Terri Hall.
The AdNews end of year Perspectives, looking back at 2025 and forward to next year.
Terri Hall, Managing Partner, TRA
Trust has always been a valuable currency for marketing. But in 2025, trust became more fluid, specifically where people place trust. The trajectory is clear, trust is migrating from brands themselves, through online social proof, and now increasingly toward AI-powered recommendations.
The first major shift came with the rise of peer-to-peer trust online. People’s ability to discover and uncover brand actions didn’t always align with mission statements and then sharing and learning from others prioritised what friends, family, and even strangers online said about products over what brands claimed about themselves.
This was behavioural economics in action. Customers turned to their social networks for a source of truth and trust and reviews, recommendations, and testimonials became increasingly important.
The past year has seen this peer-trust dynamic commercialise at scale. TikTok Shop's launch in Australia exemplifies how influencer e-commerce has matured with trust as its driving force. Influencers aren't just endorsing products anymore, instead because they are trusted by followers, they're becoming the shopping experience itself, seamlessly integrating discovery and purchase in a single action.
When an influencer recommends a product, it doesn't feel like advertising. It feels like advice from someone who knows you, which makes influencer commerce very powerful.
Brands that once controlled their entire customer journey now find themselves dependent on intermediaries who've captured the trust brands themselves have seen decline. This is trust as a tradable asset, and in 2025 it’s never been more evident as it reshapes purchase decision making.

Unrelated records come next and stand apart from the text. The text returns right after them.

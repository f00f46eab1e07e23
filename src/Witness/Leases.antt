-- ===== src/Witness/Leases.antt =====
-- Leases and fences of witness-worker/src/worker.js over a run of requests.
use hosting_control_panel.Common.{
  ℕ, ◌+◌, ◌*◌, ◌/◌, ◌≡◌, ◌≢◌, ◌≤◌, refl, true, false, Option, none, some, List, [], ◌∷◌, All, Text,
  arith, Option-cases, Bool-cases, inl, inr, sym, ap, subst, ◌∙◌, not, ◌||◌, ◌==◌,
}
use hosting_control_panel.Witness.Platform.{Platform, IsCalendar}
use hosting_control_panel.Witness.Worker.{
  Witness, Env, Input, Route, lease, fence, reset, unknown, Response, leased, refused, Refusal,
  lease_ttl, mismatch, is_stale, valid_recovery_id, valid_server_id, invalid_request,
  identity_mismatch, primary_fenced, stale_recovery, not_found, take_lease, take_fence,
  active_lease, respond, state_fetch,
}

abbrev pub empty_witness : Witness
empty_witness = record {
  primary_server_id = [];
  lease_expires_at = [];
  fenced = false;
  fenced_at = [];
  last_recovery_id = [];
}

-- The leases that were granted, the newest first.
abbrev pub grants : Response → List Text → List Text
grants (leased until) gs = until ∷ gs
grants _ gs = gs

module _ (platform : Platform) (env : Env) where
  -- Requests other than a reset, at times that do not go back, from an empty witness: the time of the
  -- last one, the record after it, and the leases that were granted.
  pub data Run : ℕ → Witness → List Text → Type 0 where
    idle : Run 0 empty_witness []
    served :
        {t : ℕ} {w : Witness} {gs : List Text} (now : ℕ) (route : Route) (input : Option Input)
        (nonce : Text) {w' : Witness} {r : Response}
        → Run t w gs
        → t ≤ now
        → route ≢ reset
        → state_fetch platform env w route input now nonce ≡ (w', r)
        → Run now w' (grants r gs)

  -- A granted lease ends no later than the lease on record.
  abbrev pub Covered : Witness → Text → Type 0
  Covered w g =
      (x : ℕ) × (l : ℕ) × (platform.date_parse g ≡ some x)
      × (platform.date_parse w.lease_expires_at ≡ some l)
      × (x ≤ l)

  pub record IsTracked (t : ℕ) (w : Witness) (gs : List Text) : Type 0 where
    pub bound :
        (l : ℕ)
        → platform.date_parse w.lease_expires_at ≡ some l
        → l ≤ (t + lease_ttl env * 1000) / 1000 * 1000
    pub covered : All (Covered w) gs

  floor_mono : (a b : ℕ) → a ≤ b → a / 1000 * 1000 ≤ b / 1000 * 1000
  floor_mono a b h = omega arith

  IsTracked-idle : IsCalendar platform → IsTracked 0 empty_witness []
  IsTracked-idle c = record { bound = λ l e. cc (c.date_parse-empty, e); covered = tt }

  -- What a request other than a reset does to the lease: it keeps it and grants none, or it grants
  -- the lease that it puts on record, and then the server was not fenced.
  pub data Served (w w' : Witness) (now : ℕ) (r : Response) : Type 0 where
    kept :
        w'.lease_expires_at ≡ w.lease_expires_at
        → ((gs : List Text) → grants r gs ≡ gs)
        → (w.fenced ≡ true → w'.fenced ≡ true)
        → Served w w' now r
    granted :
        w'.lease_expires_at ≡ platform.iso (now + lease_ttl env * 1000)
        → r ≡ leased (platform.iso (now + lease_ttl env * 1000))
        → w.fenced ≡ false
        → Served w w' now r

  unchanged : (w : Witness) (now : ℕ) (why : Refusal) → Served w w now (refused why)
  unchanged w now why = kept refl (λ gs. refl) (λ h. h)

  take_lease-Served :
      (w : Witness) (input : Input) (now : ℕ)
      → Served w (take_lease platform env w input now).0 now (take_lease platform env w input now).1
  unfolding take_lease
  take_lease-Served w input now = elim (Bool-cases (mismatch w input)) [
    | inl other ↦ rw other (unchanged w now identity_mismatch)
    | inr same ↦ elim (Bool-cases w.fenced) [
      | inl f ↦ simp (same, f) (unchanged w now primary_fenced)
      | inr f ↦ simp (same, f) (granted refl refl f)
    ]
  ]

  take_fence-Served :
      (w : Witness) (input : Input) (now : ℕ) (nonce : Text)
      → Served w
          (take_fence platform env w input now nonce).0
          now
          (take_fence platform env w input now nonce).1
  unfolding take_fence
  take_fence-Served w input now nonce = elim (Bool-cases (valid_recovery_id input.recovery_id)) [
    | inr bad ↦ rw bad (unchanged w now invalid_request)
    | inl good ↦ elim (Bool-cases (mismatch w input)) [
      | inl other ↦ rw (good, other) (unchanged w now identity_mismatch)
      | inr same ↦ elim (Option-cases (active_lease platform w now)) [
        | inr (expires, active) ↦ rw (good, same, active) (unchanged w now _)
        | inl none_active ↦ elim (Bool-cases (is_stale w input)) [
          | inl stale ↦ rw (good, same, none_active, stale) (unchanged w now stale_recovery)
          | inr newer ↦ rw (good, same, none_active, newer) (kept refl (λ gs. refl) (λ h. refl))
        ]
      ]
    ]
  ]

  respond-Served :
      (w : Witness) (route : Route) (input : Input) (now : ℕ) (nonce : Text)
      → route ≢ reset
      → Served w
          (respond platform env w route input now nonce).0
          now
          (respond platform env w route input now nonce).1
  unfolding respond
  respond-Served w lease input now nonce h = take_lease-Served w input now
  respond-Served w fence input now nonce h = take_fence-Served w input now nonce
  respond-Served w reset input now nonce h = absurd (h refl)
  respond-Served w unknown input now nonce h = unchanged w now not_found

  pub state_fetch-Served :
      (w : Witness) (route : Route) (input : Option Input) (now : ℕ) (nonce : Text)
      → route ≢ reset
      → Served w
          (state_fetch platform env w route input now nonce).0
          now
          (state_fetch platform env w route input now nonce).1
  unfolding state_fetch
  state_fetch-Served w route none now nonce h = unchanged w now invalid_request
  state_fetch-Served w route (some input) now nonce h =
      elim (Bool-cases
        (not (input.version == 1) || not (valid_server_id input.primary_server_id))) [
          | inl bad ↦ rw bad (unchanged w now invalid_request)
          | inr good ↦ rw good (respond-Served w route input now nonce h)
        ]

  pub served_lem :
      (w : Witness) (route : Route) (input : Option Input) (now : ℕ) (nonce : Text) {w' : Witness}
      {r : Response}
      → route ≢ reset
      → state_fetch platform env w route input now nonce ≡ (w', r)
      → Served w w' now r
  served_lem w route input now nonce h e =
      subst (λ (p : Witness × Response). Served w p.0 now p.1) e
        (state_fetch-Served w route input now nonce h)

  covers_later :
      (w w' : Witness) (until : ℕ) (gs : List Text)
      → platform.date_parse w'.lease_expires_at ≡ some until
      → ((l : ℕ) → platform.date_parse w.lease_expires_at ≡ some l → l ≤ until)
      → All (Covered w) gs
      → All (Covered w') gs
  covers_later w w' until [] e h a = tt
  covers_later w w' until (g ∷ gs) e h ((x, l, parsed, on_record, le), rest) =
      ((x, until, parsed, e, omega (arith, le, h l on_record)), covers_later w w' until gs e h rest)

  Served-IsTracked :
      IsCalendar platform
      → {t : ℕ} {w w' : Witness} {gs : List Text} {now : ℕ} {r : Response} → IsTracked t w gs
      → t ≤ now
      → Served w w' now r
      → IsTracked now w' (grants r gs)
  Served-IsTracked c {t} {w} {w'} {gs} {now} {r} k h (kept same none_granted f) =
      rw (none_granted gs) (record {
        bound = λ l e. omega (
          arith,
          k.bound l (sym (ap platform.date_parse same) ∙ e),
          floor_mono (t + lease_ttl env * 1000) (now + lease_ttl env * 1000) (omega (arith, h)),
        );
        covered =
            subst
              (λ (x : Text).
                All
                  (λ g.
                    (y : ℕ) × (l : ℕ) × (platform.date_parse g ≡ some y)
                    × (platform.date_parse x ≡ some l)
                    × (y ≤ l))
                  gs)
              (sym same) k.covered;
      })
  Served-IsTracked c {t} {w} {w'} {gs} {now} {r} k h (granted until answer f) =
      let ends : platform.date_parse w'.lease_expires_at
          ≡ some ((now + lease_ttl env * 1000) / 1000 * 1000) =
        ap platform.date_parse until ∙ c.date_parse-iso (now + lease_ttl env * 1000) in
      let later =
        floor_mono (t + lease_ttl env * 1000) (now + lease_ttl env * 1000) (omega (arith, h)) in
      rw answer (record {
        bound = λ l e. ground (arith, ends, e);
        covered = (
          (_, _, c.date_parse-iso (now + lease_ttl env * 1000), ends, omega arith),
          covers_later w w' _ gs ends (λ l e. omega (arith, k.bound l e, later)) k.covered,
        );
      })

  pub Run-IsTracked :
      IsCalendar platform → {t : ℕ} {w : Witness} {gs : List Text} → Run t w gs → IsTracked t w gs
  Run-IsTracked c idle = IsTracked-idle c
  Run-IsTracked c (served {w = w} now route input nonce run h other e) =
      Served-IsTracked c (Run-IsTracked c run) h (served_lem w route input now nonce other e)
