-- ===== src/Witness/Recovery.antt =====
-- What the witness of witness-worker/src/worker.js guarantees when it fences a server.
use hosting_control_panel.Common.{
  ℕ, ◌+◌, ◌*◌, ◌/◌, ◌≡◌, ◌≢◌, ◌≤◌, ◌<◌, ap, ◌∙◌, true, false, not, ◌&&◌, ◌||◌, Option, none, some,
  List, [], ◌∷◌, All, Text, text, text_eq, text_eq_refl, is_empty, arith, Option-cases, Bool-cases,
  inl, inr, ltb, ◌==◌, includes, any,
}
use hosting_control_panel.Witness.Platform.{Platform, IsCalendar}
use hosting_control_panel.Witness.Worker.{
  Witness, Env, Input, Route, lease, fence, reset, Response, leased, fenced_with, was_reset,
  Receipt, lease_ttl, receipt_ttl, take_lease, take_fence, active_lease, respond, state_fetch,
  bounded_seconds, unsigned, signed, hex, canonical_receipt, is_stale, valid_recovery_id,
  valid_server_id,
}
use hosting_control_panel.Witness.Receipt.{
  verify_witness_receipt, fields_ok, times_ok, signature_ok, valid_nonce, verified,
}
use hosting_control_panel.Witness.Leases.{
  Run, Served, kept, granted, Run-IsTracked, served_lem, Covered,
}

module _ (platform : Platform) (env : Env) where
  -- A fence is only granted when no lease is active.
  take_fence-idle :
      (w : Witness) (input : Input) (now : ℕ) (nonce : Text) {w' : Witness} {r : Receipt}
      → take_fence platform env w input now nonce ≡ (w', fenced_with r)
      → active_lease platform w now ≡ none
  unfolding take_fence
  take_fence-idle w input now nonce e = elim (Option-cases (active_lease platform w now)) [
    | inl idle ↦ idle
    | inr (expires, active) ↦ absurd (ground (arith, active, e))
  ]

  state_fetch-fence :
      (w : Witness) (input : Input) (now : ℕ) (nonce : Text) {w' : Witness} {r : Receipt}
      → state_fetch platform env w fence (some input) now nonce ≡ (w', fenced_with r)
      → take_fence platform env w input now nonce ≡ (w', fenced_with r)
  unfolding state_fetch respond
  state_fetch-fence w input now nonce e =
      elim (Bool-cases
        (not (input.version == 1) || not (valid_server_id input.primary_server_id))) [
          | inl bad ↦ absurd (cc (rw bad at e))
          | inr good ↦ rw good at e
        ]

  abbrev pub HasExpired : ℕ → Text → Type 0
  HasExpired now g = (x : ℕ) × (platform.date_parse g ≡ some x) × (x ≤ now)

  expired_leases :
      (w : Witness) (now : ℕ) (gs : List Text)
      → active_lease platform w now ≡ none
      → All (Covered platform env w) gs
      → All (HasExpired now) gs
  unfolding active_lease
  expired_leases w now [] e h = tt
  expired_leases w now (g ∷ gs) e ((x, l, parsed, on_record, le), rest) =
      ((x, parsed, ground (arith, e, on_record, le)), expired_leases w now gs e rest)

  -- When the witness grants a fence, every lease that it granted before has run out, provided that no
  -- reset came between and that its clock does not go back: the fenced primary holds no lease.
  pub fence_after_leases :
      IsCalendar platform
      → {t : ℕ} {w w' : Witness} {gs : List Text} {r : Receipt} (input : Input) (now : ℕ)
        (nonce : Text)
      → Run platform env t w gs
      → state_fetch platform env w fence (some input) now nonce ≡ (w', fenced_with r)
      → All (HasExpired now) gs
  fence_after_leases c {t} {w} {w'} {gs} input now nonce run e =
      expired_leases w now gs
        (take_fence-idle w input now nonce (state_fetch-fence w input now nonce e))
        (Run-IsTracked platform env c run).covered

  -- While a server is fenced, no request but a reset lifts the fence, and none is answered with a
  -- lease.
  pub fence_stays :
      (w : Witness) (route : Route) (input : Option Input) (now : ℕ) (nonce : Text) {w' : Witness}
      {r : Response}
      → w.fenced ≡ true
      → route ≢ reset
      → state_fetch platform env w route input now nonce ≡ (w', r)
      → (w'.fenced ≡ true) × ((until : Text) → r ≢ leased until)
  fence_stays w route input now nonce {w'} {r} f other e =
      settle (served_lem platform env w route input now nonce other e)
    where
      settle :
          Served platform env w w' now r → (w'.fenced ≡ true) × ((until : Text) → r ≢ leased until)
      settle (kept same none_granted stays) =
          (stays f, λ until answer. absurd (cc (rw answer at (none_granted []))))
      settle (granted until answer unfenced) = absurd (cc (f, unfenced))

  state_fetch-receipt :
      (w : Witness) (input : Input) (now : ℕ) (nonce : Text) {w' : Witness} {r : Receipt}
      → state_fetch platform env w fence (some input) now nonce ≡ (w', fenced_with r)
      → (valid_server_id input.primary_server_id ≡ true)
        × (valid_recovery_id input.recovery_id ≡ true)
        × (r ≡ signed platform env (unsigned platform env input now nonce))
  unfolding state_fetch respond take_fence
  state_fetch-receipt w input now nonce e =
      let idle = take_fence-idle w input now nonce (state_fetch-fence w input now nonce e) in
      (ground (arith, e), ground (arith, e), ground (arith, idle, e))

  bounded_seconds-le : (o : Option ℕ) → bounded_seconds o 600 60 900 ≤ 900
  unfolding bounded_seconds
  bounded_seconds-le none = omega arith
  bounded_seconds-le (some n) = ground arith

  unfoldable pub made : Input → ℕ → Text → Receipt
  made input now nonce = signed platform env (unsigned platform env input now nonce)

  made-fields_ok :
      (input : Input) (now : ℕ) (nonce : Text)
      → valid_server_id input.primary_server_id ≡ true
      → valid_recovery_id input.recovery_id ≡ true
      → valid_nonce nonce ≡ true
      → fields_ok (made input now nonce) input.primary_server_id input.recovery_id ≡ true
  unfolding made fields_ok signed unsigned text includes any text_eq
  made-fields_ok input now nonce server recovery n =
      rw (text_eq_refl input.primary_server_id, text_eq_refl input.recovery_id, server, recovery, n)

  made-times_ok :
      (now then : ℕ)
      → now ≤ then
      → then < (now + receipt_ttl env * 1000) / 1000 * 1000
      → times_ok (now / 1000 * 1000) ((now + receipt_ttl env * 1000) / 1000 * 1000) then ≡ true
  unfolding times_ok
  made-times_ok now then after before = ground (arith, bounded_seconds-le env.receipt_ttl)

  made-signature_ok :
      ((m : Text)
        → platform.hex_bytes (hex (platform.hmac_sha256 env.signing_key m))
          ≡ platform.hmac_sha256 env.signing_key m)
      → (input : Input) (now : ℕ) (nonce : Text)
      → signature_ok platform (made input now nonce) env.signing_key ≡ true
  unfolding made signature_ok signed canonical_receipt
  made-signature_ok law input now nonce =
      rw (law (canonical_receipt (unsigned platform env input now nonce))) (
        text_eq_refl (
          platform.hmac_sha256 env.signing_key
            (canonical_receipt (unsigned platform env input now nonce))))

  made-verified :
      IsCalendar platform
      → ((m : Text)
          → platform.hex_bytes (hex (platform.hmac_sha256 env.signing_key m))
            ≡ platform.hmac_sha256 env.signing_key m)
      → (input : Input) (now : ℕ) (nonce : Text) (then : ℕ)
      → fields_ok (made input now nonce) input.primary_server_id input.recovery_id ≡ true
      → now ≤ then
      → then < (now + receipt_ttl env * 1000) / 1000 * 1000
      → verify_witness_receipt platform
          (made input now nonce)
          env.signing_key
          input.primary_server_id
          input.recovery_id
          then
        ≡ verified (record {
          primary_server_id = input.primary_server_id;
          recovery_id = input.recovery_id;
          method = text "service";
          fenced_at = now / 1000 * 1000;
          expires_at = (now + receipt_ttl env * 1000) / 1000 * 1000;
          witness_nonce = nonce;
        })
  unfolding verify_witness_receipt made signed unsigned
  made-verified c law input now nonce then fields after before = rw (
    fields,
    c.date_parse-iso now,
    c.date_parse-iso (now + receipt_ttl env * 1000),
    made-times_ok now then after before,
    made-signature_ok law input now nonce,
  )

  -- A receipt that the witness grants passes the panel's check under the same key, for the server and
  -- the recovery point that were asked for, until it expires. The nonce is one that the check allows,
  -- and reading a signature back from hexadecimal gives its bytes.
  pub fence_verified :
      IsCalendar platform
      → ((m : Text)
          → platform.hex_bytes (hex (platform.hmac_sha256 env.signing_key m))
            ≡ platform.hmac_sha256 env.signing_key m)
      → (w : Witness) (input : Input) (now : ℕ) (nonce : Text) (then : ℕ) {w' : Witness}
        {r : Receipt}
      → valid_nonce nonce ≡ true
      → state_fetch platform env w fence (some input) now nonce ≡ (w', fenced_with r)
      → now ≤ then
      → then < (now + receipt_ttl env * 1000) / 1000 * 1000
      → verify_witness_receipt platform r env.signing_key input.primary_server_id input.recovery_id
          then
        ≡ verified (record {
          primary_server_id = input.primary_server_id;
          recovery_id = input.recovery_id;
          method = text "service";
          fenced_at = now / 1000 * 1000;
          expires_at = (now + receipt_ttl env * 1000) / 1000 * 1000;
          witness_nonce = nonce;
        })
  unfolding signed made
  fence_verified c law w input now nonce then n e after before =
      let (server, recovery, built) = state_fetch-receipt w input now nonce e in
      ap
        (λ (x : Receipt).
          verify_witness_receipt platform x env.signing_key input.primary_server_id
            input.recovery_id then)
        built
      ∙ made-verified c law input now nonce then (made-fields_ok input now nonce server recovery n)
          after before

  abbrev renewed : Input → ℕ → Witness
  renewed input now = record {
    primary_server_id = input.primary_server_id;
    lease_expires_at = platform.iso (now + lease_ttl env * 1000);
    fenced = false;
    fenced_at = [];
    last_recovery_id = [];
  }

  state_fetch-leased :
      (w : Witness) (input : Input) (now : ℕ) (nonce : Text) {w' : Witness} {until : Text}
      → state_fetch platform env w lease (some input) now nonce ≡ (w', leased until)
      → (not (input.version == 1) || not (valid_server_id input.primary_server_id) ≡ false)
        × (w' ≡ renewed input now)
  unfolding state_fetch respond take_lease
  state_fetch-leased w input now nonce e = (ground (arith, e), ground (arith, e))

  -- A server whose lease was renewed is fenced for whatever recovery point is asked for after that.
  renewed-fence :
      IsCalendar platform
      → (input : Input) (first second : ℕ) (nonce : Text)
      → valid_recovery_id input.recovery_id ≡ true
      → not (input.version == 1) || not (valid_server_id input.primary_server_id) ≡ false
      → first + lease_ttl env * 1000 ≤ second
      → (state_fetch platform env (renewed input first) fence (some input) second nonce).1
        ≡ fenced_with (made input second nonce)
  unfolding state_fetch respond take_fence active_lease made
  renewed-fence c input first second nonce recovery good later =
      let ends = c.date_parse-iso (first + lease_ttl env * 1000) in
      let over : ltb second ((first + lease_ttl env * 1000) / 1000 * 1000) ≡ false =
        ground (arith, later) in
      let same : not (is_empty input.primary_server_id)
            && not (text_eq input.primary_server_id input.primary_server_id)
          ≡ false =
        ground (arith, text_eq_refl input.primary_server_id) in
      rw (good, recovery, same, ends, over)

  -- The defect: a lease erases the last recovery point. After a reset that keeps it and a lease, the
  -- witness grants a fence for any well-formed recovery point once that lease has run out, also for
  -- one that is no later than the recovery point on record before.
  pub stale_recovery_granted :
      IsCalendar platform
      → (w : Witness) (input : Input) (first second : ℕ) (nonce : Text) {unlocked running : Witness}
        {until : Text}
      → valid_recovery_id input.recovery_id ≡ true
      → is_stale w input ≡ true
      → state_fetch platform env w reset (some input) first nonce ≡ (unlocked, was_reset)
      → state_fetch platform env unlocked lease (some input) first nonce ≡ (running, leased until)
      → first + lease_ttl env * 1000 ≤ second
      → (state_fetch platform env running fence (some input) second nonce).1
        ≡ fenced_with (made input second nonce)
  stale_recovery_granted c w input first second nonce {unlocked} {running} recovery stale unlock
        renew later =
      let (good, record_is) = state_fetch-leased unlocked input first nonce renew in
      ap (λ (x : Witness). (state_fetch platform env x fence (some input) second nonce).1) record_is
      ∙ renewed-fence c input first second nonce recovery good later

But even as influencer commerce accelerated, we witnessed an even more disruptive trust paradigm. AI-powered recommendations. In 2025, consumers increasingly turned to ChatGPT, Claude, and Perplexity not just for information, but for decision-making. Instead of Googling "best running shoes" and sifting through sponsored links to reach brand websites, users ask AI tools directly. And they trusted the answer.
This results in a compression of the traditional search journey. AI doesn't just provide options, it delivers tailored recommendations with authority, so it feels objective and personalised. It’s playing the trusted advisor role.
What this means for 2026 and beyond
For brands, this trust migration is a challenge. It’s more than "How do we rank on Google?" versus "How do we become included in the answer AI gives?" It’s where is the locus of trust, what is the source of authority for trust?
Moving into 2026, this is going to require multiple shifts for brand marketers. Of course, brands are going to have to optimise for AI visibility, creating comprehensive, accurate, structured information that AI systems can easily parse and cite. Product specifications, authentic customer feedback, and clear value propositions become even more critical when AI is the intermediary.
However, brands need to ensure their differentiation is clear and compelling enough to survive translation through AI interpretation. They will need to double down on brand perceptions, salience and associations, and consistently deliver the promises they make so that they own the high ground on trust in a world where you may never directly engage with the customer.
Finally, brands will have to work out how to build trust with AI systems themselves, ensuring consistent presence across the data sources these systems train on, maintaining strong third-party validation, and creating genuine value that generates organic mentions.
The implications are significant. Smart brands will have to build multi-layered trust strategies that work across all three layers: maintaining brand integrity, collaborating authentically with influencers, and optimising for AI recommendation engines.
The brands that will thrive in 2026 and beyond, will be those that understand trust is no longer something you can assume lies with the brand as the source of authority. It's something you must earn across an ecosystem of validators, human and artificial alike.
In this new AI-driven world, the question isn't whether your brand is trustworthy, but whether the systems and sources people trust believe you are.